Alessia Cara is a superstar in the making. Her track ‘Here’ – a funny takedown of a house party from the perspective of an introvert – went viral last summer. Having made the BBC’s annual Sound of… list, ‘Here’ gets an official release this week and debut album ‘Know It All’ is due in March too.
As I sit with Cara, I’m drawn in by her self-deprecating confidence. She has the same magical quality of a young Amy Winehouse, who just happens to be her idol.
You’re a massive Amy Winehouse fan, right? Does it scare you when you see stars having breakdowns because of fame?
‘All the time. I think fame is such a scary thing and it’s something I can never understand. It’s terrifying, but it’s the only way I get to do what I love every day, you know?’
What’s the overshare line?
‘I don’t have enough skeletons that I’m like: “I don’t want to talk about this.” In the future maybe I’ll have a love relationship that I’ll go through that I won’t want to talk about.’
You did a show with Taylor, right?
‘It was to 55,000 people, the most I’ve ever performed to. She made me really feel so at ease though. She gives the best pep talks! She told me: “Everyone’s here to have fun. No one’s here to judge you”. Then she put on her magic self and was strutting on the stage and I just felt like a midget next to her.’
‘In the words of Kanye West: “Listen to the kids, bro.”’
Do you think there is a lot of pressure on women in the music industry to look a certain way?
‘The biggest critics are in the comments online. People are so judgmental of me. It’s like “Why is she wearing this?” or “Why isn’t she wearing that?” or “Why does she talk like that?” That’s the worst because they’re judging for no reason.’
Is it hard to ignore?
‘Yes, to a certain extent, because I’m not 100 percent confident and I’m really new to this. That stuff can feel like a punch to the face but you have to keep going. I try not to read comments now.’
Is it weird when people almost twice your age like your music?

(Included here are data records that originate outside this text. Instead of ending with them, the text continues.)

-- ===== src/Storage/Quota.antt =====
-- src/storage.rs: by how much a sync can exceed the quota of its source.
use curator_rs.Prelude.{
  ℕ, ◌+◌, ◌≤◌, ◌<◌, ◌≡◌, ◌↔◌, inl, inr, Option-cases, true, false, Option, some, none, List, [],
  ◌∷◌, arith, max,
}
use curator_rs.Storage.Limits.{
  Settings, source_sync_admission, active_sync_pause, reserve_pause, full_pause, over_pause,
}

-- What a source holds when files of these sizes arrive one after the other, with a reading of the
-- free disk space at each, and the sync stops at the first pause.
unfoldable pub synced : Settings → ℕ → List (ℕ × Option ℕ) → ℕ
synced s used [] = used
synced s used ((size, free) ∷ files) =
    let rest = synced s (used + size) files in
    elim (active_sync_pause s free (used + size) true) [ some pause ↦ used + size | none ↦ rest ]

unfoldable pub largest : List (ℕ × Option ℕ) → ℕ
largest [] = 0
largest ((size, free) ∷ files) = max size (largest files)

within :
    (s : Settings) (limit used : ℕ) (free : Option ℕ)
    → s.max_source_storage_bytes ≡ some limit
    → active_sync_pause s free used true ≡ none
    → used ≤ limit
unfolding active_sync_pause over_pause reserve_pause
within s limit used free q h = ground arith

synced_within :
    (s : Settings) (limit used : ℕ) (files : List (ℕ × Option ℕ))
    → s.max_source_storage_bytes ≡ some limit
    → used ≤ limit
    → synced s used files ≤ limit + largest files
unfolding synced largest
synced_within s limit used [] q h = omega (arith, h)
synced_within s limit used ((size, free) ∷ files) q h =
    elim (Option-cases (active_sync_pause s free (used + size) true)) [
      | inl going ↦
          let rest =
            synced_within s limit (used + size) files q
              (within s limit (used + size) free q going) in
          ground arith
      | inr (pause, now) ↦ ground arith
    ]

-- A sync that was admitted under the source limits, and stops at the first pause that is called for
-- after a file, leaves the source at most one file over its limit.
pub synced_le :
    (s : Settings) (limit used : ℕ) (free : Option ℕ) (files : List (ℕ × Option ℕ))
    → s.max_source_storage_bytes ≡ some limit
    → source_sync_admission s free used true ≡ none
    → synced s used files ≤ limit + largest files
unfolding source_sync_admission full_pause reserve_pause
synced_le s limit used free files q h = synced_within s limit used files q (ground arith)

-- A sync is admitted exactly if the disk is not known to be below its reserve and, where the limits
-- of sources apply, the source is below its limit; then it is not paused at the same readings.
pub admission_iff :
    (s : Settings) (limit reserve disk used : ℕ)
    → s.max_source_storage_bytes ≡ some limit
    → s.minimum_free_disk_bytes ≡ some reserve
    → ((source_sync_admission s (some disk) used true ≡ none) ↔ ((reserve ≤ disk) × (used < limit)))
      × ((source_sync_admission s (some disk) used false ≡ none) ↔ (reserve ≤ disk))
      × ((active_sync_pause s (some disk) used true ≡ none) ↔ ((reserve ≤ disk) × (used ≤ limit)))
unfolding source_sync_admission active_sync_pause full_pause over_pause reserve_pause
admission_iff s limit reserve disk used q r = ground arith
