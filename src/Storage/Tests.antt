-- ===== src/Storage/Tests.antt =====
-- Runs of the storage model, and its theorems at these runs.
use mathlib.Core.List.{Permᴰ}
use curator_rs.Prelude.{
  ℕ, ◌≤◌, ◌≡◌, refl, String, Option, some, none, List, [], ◌∷◌, ◌++◌, ok, true, false, arith,
  length, All,
}
use curator_rs.Storage.Limits.{
  Settings, reserve_pause, full_pause, over_pause, source_sync_admission, active_sync_pause,
}
use curator_rs.Storage.Quota.{synced, largest}
use curator_rs.Storage.Cleanup.{
  CleanupOutcome, ThumbnailUnit, count_removed, total_bytes, insert_unit, sort_units, evict,
  trim_thumbnail_cache, DirectoryEntry, remove_entries, is_newer, cutoff_at,
  remove_archives_older_than,
}
use curator_rs.Storage.Eviction.{Needed, trim_thumbnail_cache-ok}

model : Unit {0}
unfolding reserve_pause full_pause over_pause source_sync_admission active_sync_pause synced largest
    count_removed total_bytes insert_unit sort_units evict trim_thumbnail_cache remove_entries
    is_newer cutoff_at remove_archives_older_than
model = tt

abbrev limited : Settings
limited = record {
  minimum_free_disk_bytes = some 50;
  max_source_storage_bytes = some 100;
  apply_download_limits_to_local_imports = false;
}

abbrev arriving : List (ℕ × Option ℕ)
arriving = (30, some 900) ∷ (40, some 800) ∷ (10, some 700) ∷ []

limited-admits : source_sync_admission limited (some 900) 60 true ≡ none
unfolding model
limited-admits = refl

-- The third file does not arrive: the second one crossed the limit.
arriving_test : synced limited 60 arriving ≡ 130
unfolding model
arriving_test = refl

abbrev thumbnail : String → ℕ → ℕ → ThumbnailUnit
thumbnail main bytes modified = record {
  main = main;
  extras = [];
  bytes = bytes;
  modified = modified;
}

abbrev cached : List ThumbnailUnit
cached = thumbnail "1.jpg" 40 9 ∷ thumbnail "2.jpg" 30 5 ∷ thumbnail "3.jpg" 50 7 ∷ []

abbrev nothing_resists : String → Option String
nothing_resists path = none

abbrev trimmed : CleanupOutcome
trimmed = record { removed_items = 1; removed_bytes = 30 }

abbrev staying : List ThumbnailUnit
staying = thumbnail "3.jpg" 50 7 ∷ thumbnail "1.jpg" 40 9 ∷ []

cached-trimmed : trim_thumbnail_cache nothing_resists 95 cached ≡ (ok trimmed, staying)
unfolding model
cached-trimmed = refl

trim_thumbnail_cache-ok_example :
    (gone : List ThumbnailUnit) × Permᴰ (gone ++ staying) cached
    × All (λ u. All (λ v. u.modified ≤ v.modified) staying) gone
    × (total_bytes staying ≤ 95)
    × Needed 95 gone staying
    × (1 ≡ length gone)
    × (30 ≡ total_bytes gone)
unfolding model
trim_thumbnail_cache-ok_example =
    trim_thumbnail_cache-ok nothing_resists 95 cached staying trimmed (omega arith) (omega arith)
      (omega arith) cached-trimmed

abbrev archive : String → Option ℕ → DirectoryEntry
archive path modified = record {
  path = path;
  is_file = true;
  is_artifact = false;
  size = some 7;
  modified = modified;
}

-- The archive of day one goes; the one of day nine and what follows it stay.
archives_test :
    remove_archives_older_than nothing_resists 864000
      (some 5)
      (archive "a" (some 86400) ∷ archive "b" (some 777600) ∷ [])
    ≡ (ok (record { removed_items = 1; removed_bytes = 7 }), archive "b" (some 777600) ∷ [])
unfolding model
archives_test = refl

‘It is. It’s so cool though when I see thirty-year-old men that are coming in to watch my shows. It’s like, “You really like my music? Like a teenage girl, you relate to it?” It just proves how much people are alike.’
What advice would you give to a 30-year-old?
‘In the words of Kanye West: “Listen to the kids, bro.” I think he’s so misunderstood. I’d vote for him if he ran for president.’
What was your most rebellious teen moment?
‘Probably turning down a scholarship for music and saying “I’m not doing this, I don’t want to go to school.” Not getting drunk: my version of rebellion is following my dreams.’’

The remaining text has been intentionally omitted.